*** Opening of Given entries ***

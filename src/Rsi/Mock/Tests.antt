-- ===== src/Rsi/Mock/Tests.antt =====
-- The simulated controller with whole numbers. The parser of the tests takes a text for a document whose
-- every value is its first byte, and whose IPOC is 77.
use kuka_iiqka_ros.Prelude.{ℕ, true, false, List, [], ◌∷◌, Option, none, some, String, ◌≡◌, refl}
use kuka_iiqka_ros.Prelude.Int.{ℤ, pos}
use kuka_iiqka_ros.Double.{clamp}
use kuka_iiqka_ros.Double.Fixed.{Fixed, num, fixed_double}
use kuka_iiqka_ros.Sfc.Types.{CartesianState, CartesianCorrection, zero_correction}
use kuka_iiqka_ros.Xml.{Xml}
use kuka_iiqka_ros.Rsi.Frame.{RobFrame, SenFrame, parse_rob_frame}
use kuka_iiqka_ros.Rsi.Monitor.{on_frame}
use kuka_iiqka_ros.Rsi.Limiter.{clamp_all, clamp_axis}
use kuka_iiqka_ros.Rsi.Hardware
use kuka_iiqka_ros.Rsi.Hardware.{
  RobotHw, configured, set_command, take_fault_clear, on_parsed, read,
}
use kuka_iiqka_ros.Rsi.Mock.{
  Mock, Reply, constructed, build_state_frame, parse_reply, integrate, on_reply, apply_reply,
  receive_reply_window, drain, note_reply_timeout,
}
use kuka_iiqka_ros.Rsi.Mock.Loop.{Event, builds, gets, step, built, applied, reply-applied}

abbrev toy_parse : List ℕ → Option ℕ
toy_parse [] = none
toy_parse (byte ∷ bytes) = some byte

abbrev toy_xml : Xml ℕ Fixed
toy_xml = record {
  parse = toy_parse;
  first_child = λ e name. some e;
  double_attribute = λ e name. some (num (pos e));
  int_attribute = λ e name. some (pos e);
  unsigned_attribute = λ e name. some e;
  text = λ e. some "77";
  scan_u64 = λ t. some 77;
}

abbrev toy_int64 : ℕ → String → Option ℤ
toy_int64 e name = some (pos e)

abbrev toy_print : CartesianState Fixed → ℕ → List ℕ
toy_print pose ipoc = 8 ∷ []

abbrev all_of : ℤ → CartesianState Fixed
all_of v = record { x = num v; y = num v; z = num v; a = num v; b = num v; c = num v }

abbrev mock : Mock Fixed
mock = record {
  pose = all_of (pos 100);
  next_ipoc = 77;
  ipoc_step = 4;
  awaited_ipoc = 0;
  awaiting = false;
  stats = record {
    frames_sent = 0;
    replies_received = 0;
    reply_timeouts = 0;
    ipoc_echo_errors = 0;
    parse_errors = 0;
    last_stop = pos 0;
    last_watchdog = 0;
  };
}

begins : constructed (record { start = all_of (pos 100); ipoc_start = 77; ipoc_step = 4 }) ≡ mock
unfolding constructed
begins = refl

-- A reply before a frame, a frame, the reply to it, and the reply once more.
abbrev events : List Event
events = gets (5 ∷ []) ∷ builds 1024 ∷ gets (5 ∷ []) ∷ gets (5 ∷ []) ∷ []

moves_once :
    (applied toy_xml toy_int64 toy_print mock events ≡ 1)
    × (built toy_xml toy_int64 toy_print mock events ≡ 1)
unfolding step build_state_frame apply_reply parse_reply on_reply
moves_once = (refl, refl)

-- An empty window, and one whose first datagram is no reply.
waits :
    ((receive_reply_window toy_xml toy_int64 mock []).0.stats.reply_timeouts ≡ 1)
    × ((receive_reply_window toy_xml toy_int64
          (build_state_frame toy_print mock 1024).0
          ([] ∷ (5 ∷ []) ∷ [])).1
        ≡ true)
unfolding receive_reply_window drain note_reply_timeout build_state_frame apply_reply parse_reply
    on_reply
waits = (refl, refl)

abbrev command : CartesianCorrection Fixed
command = record zero_correction { x = num (pos 2) }

abbrev one : Fixed
one = num (pos 1)

abbrev hw : RobotHw Fixed
hw = configured (record { max_trans = num (pos 5); max_rot = num (pos 3) }) 2

abbrev seen : RobFrame Fixed
seen = record {
  pose = all_of (pos 8);
  axis_deg = record {
    a1 = num (pos 8);
    a2 = num (pos 8);
    a3 = num (pos 8);
    a4 = num (pos 8);
    a5 = num (pos 8);
    a6 = num (pos 8);
  };
  delay = num (pos 8);
  mode = pos 8;
  ipoc = 77;
}

abbrev sent : SenFrame Fixed
sent = record { corr = command; stop = 0; watchdog = 1; ipoc = 77 }

abbrev returned : Reply ℕ
returned = record { sen = 2; rkorr = 2; echoed = 77 }

reply-applied_example :
    let (t, ok) =
      apply_reply toy_xml toy_int64 (build_state_frame toy_print mock 1024).0 (2 ∷ []) in
    (ok ≡ true)
    × (t.pose ≡ integrate toy_xml toy_int64 mock.pose 2)
    × (t.stats.ipoc_echo_errors ≡ mock.stats.ipoc_echo_errors)
unfolding build_state_frame parse_rob_frame parse_reply Hardware.reply set_command read on_parsed
    take_fault_clear on_frame configured clamp_all clamp_axis clamp
reply-applied_example =
    reply-applied toy_xml toy_int64 toy_print one mock hw command 8 [] (2 ∷ []) seen sent returned
      refl refl refl refl refl refl
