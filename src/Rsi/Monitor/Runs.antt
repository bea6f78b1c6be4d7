-- ===== src/Rsi/Monitor/Runs.antt =====
-- Runs of cycles: when the fault latches, and how long it stays.
use kuka_iiqka_ros.Prelude.{ℕ, ◌+◌, ◌<◌, true, ◌||◌, List, [], ◌∷◌, ◌≡◌, leb, length, arith}
use kuka_iiqka_ros.Rsi.Monitor.{Monitor, on_frame, on_timeout, on_bad_frame, reset, clear_fault}

pub data Event : Type 0 where
  frame : ℕ → Event
  timeout : Event
  bad : Event
  cleared : Event
  wiped : Event

unfoldable pub apply : Monitor → Event → Monitor
apply m (frame ipoc) = on_frame m ipoc
apply m timeout = on_timeout m
apply m bad = on_bad_frame m
apply m cleared = clear_fault m
apply m wiped = reset m

unfoldable pub run : Monitor → List Event → Monitor
run m [] = m
run m (e ∷ es) = run (apply m e) es

-- A cycle without a valid frame.
abbrev pub IsMiss : Event → Type 0
IsMiss timeout = Unit {0}
IsMiss bad = Unit {0}
IsMiss _ = ⊥

abbrev pub AllMiss : List Event → Type 0
AllMiss [] = Unit {0}
AllMiss (e ∷ es) = IsMiss e × AllMiss es

abbrev pub KeepsFault : Event → Type 0
KeepsFault cleared = ⊥
KeepsFault wiped = ⊥
KeepsFault _ = Unit {0}

abbrev pub AllKeepFault : List Event → Type 0
AllKeepFault [] = Unit {0}
AllKeepFault (e ∷ es) = KeepsFault e × AllKeepFault es

apply-miss :
    (m : Monitor) (e : Event)
    → IsMiss e
    → m.stats.connected ≡ true
    → m.stats.consecutive_timeouts + 1 < 4294967296
    → let t = apply m e in
      (t.stats.connected ≡ true)
      × (t.max_consecutive_timeouts ≡ m.max_consecutive_timeouts)
      × (t.stats.consecutive_timeouts ≡ m.stats.consecutive_timeouts + 1)
      × (t.stats.has_fault
          ≡ m.stats.has_fault || leb m.max_consecutive_timeouts (m.stats.consecutive_timeouts + 1))
unfolding apply on_timeout on_bad_frame
apply-miss m timeout h c n = ground arith
apply-miss m bad h c n = ground arith
apply-miss m _ h c n = absurd h

-- On a connected link, a run of at least one cycle without a valid frame, shorter than what the
-- counter holds, latches the fault exactly if the misses in a row, with those before the run, reach
-- the maximum; and the link stays connected.
run-misses :
    (m : Monitor) (e : Event) (es : List Event)
    → AllMiss (e ∷ es)
    → m.stats.connected ≡ true
    → m.stats.consecutive_timeouts + length (e ∷ es) < 4294967296
    → let t = run m (e ∷ es) in
      (t.stats.connected ≡ true)
      × (t.stats.consecutive_timeouts ≡ m.stats.consecutive_timeouts + length (e ∷ es))
      × (t.stats.has_fault
          ≡ m.stats.has_fault
            || leb m.max_consecutive_timeouts (m.stats.consecutive_timeouts + length (e ∷ es)))
unfolding run
run-misses m e [] (h, _) c n = let (a, b, x, f) = apply-miss m e h c (omega arith) in ground arith
run-misses m e (e' ∷ es) (h, hs) c n =
    ground (arith, apply-miss m e h c, run-misses (apply m e) e' es hs)

apply-KeepsFault :
    (m : Monitor) (e : Event)
    → KeepsFault e
    → m.stats.has_fault ≡ true
    → (apply m e).stats.has_fault ≡ true
unfolding apply on_frame on_timeout on_bad_frame
apply-KeepsFault m (frame ipoc) k h = h
apply-KeepsFault m timeout k h = ground arith
apply-KeepsFault m bad k h = ground arith
apply-KeepsFault m cleared k h = absurd k
apply-KeepsFault m wiped k h = absurd k

-- A latched fault stays through every run of frames, timeouts and bad frames, until a clear or a
-- reset.
run-AllKeepFault :
    (m : Monitor) (es : List Event)
    → AllKeepFault es
    → m.stats.has_fault ≡ true
    → (run m es).stats.has_fault ≡ true
unfolding run
run-AllKeepFault m [] k h = h
run-AllKeepFault m (e ∷ es) (k, ks) h =
    run-AllKeepFault (apply m e) es ks (apply-KeepsFault m e k h)
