-- ===== src/Rsi/Monitor/Tests.antt =====
-- The monitor with a maximum of three misses.
use kuka_iiqka_ros.Prelude.{true, [], ◌∷◌, ◌≡◌, refl}
use kuka_iiqka_ros.Rsi.Monitor.{
  Monitor, no_stats, on_frame, on_timeout, on_bad_frame, clear_fault, reset,
}
use kuka_iiqka_ros.Rsi.Monitor.Runs.{frame, timeout, bad, cleared, wiped, apply, run}

abbrev new : Monitor
new = record { max_consecutive_timeouts = 3; stats = no_stats }

abbrev linked : Monitor
linked = record {
  max_consecutive_timeouts = 3;
  stats = record no_stats { connected = true; last_ipoc = 8 };
}

abbrev faulted : Monitor
faulted = record {
  max_consecutive_timeouts = 3;
  stats = record no_stats { connected = true; has_fault = true; consecutive_timeouts = 3 };
}

a_session :
    let s =
      (run new (timeout ∷ frame 100 ∷ timeout ∷ frame 96 ∷ bad ∷ timeout ∷ timeout ∷ [])).stats in
    (s.has_fault ≡ true)
    × (s.total_timeouts ≡ 3)
    × (s.bad_frames ≡ 1)
    × (s.ipoc_jumps ≡ 1)
    × ((run new (frame 5 ∷ bad ∷ bad ∷ bad ∷ cleared ∷ [])).stats.bad_frames ≡ 3)
    × (run new (frame 5 ∷ bad ∷ wiped ∷ []) ≡ new)
unfolding run apply on_frame on_timeout on_bad_frame clear_fault reset
a_session = (refl, refl, refl, refl, refl, refl)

*** Close of Given entries ***

**What is being asked:**
Search term "before": return each line of the data that contains it.

**Solved exercise:**
-- A reply before a frame, a frame, the reply to it, and the reply once more.
-- counter holds, latches the fault exactly if the misses in a row, with those before the run, reach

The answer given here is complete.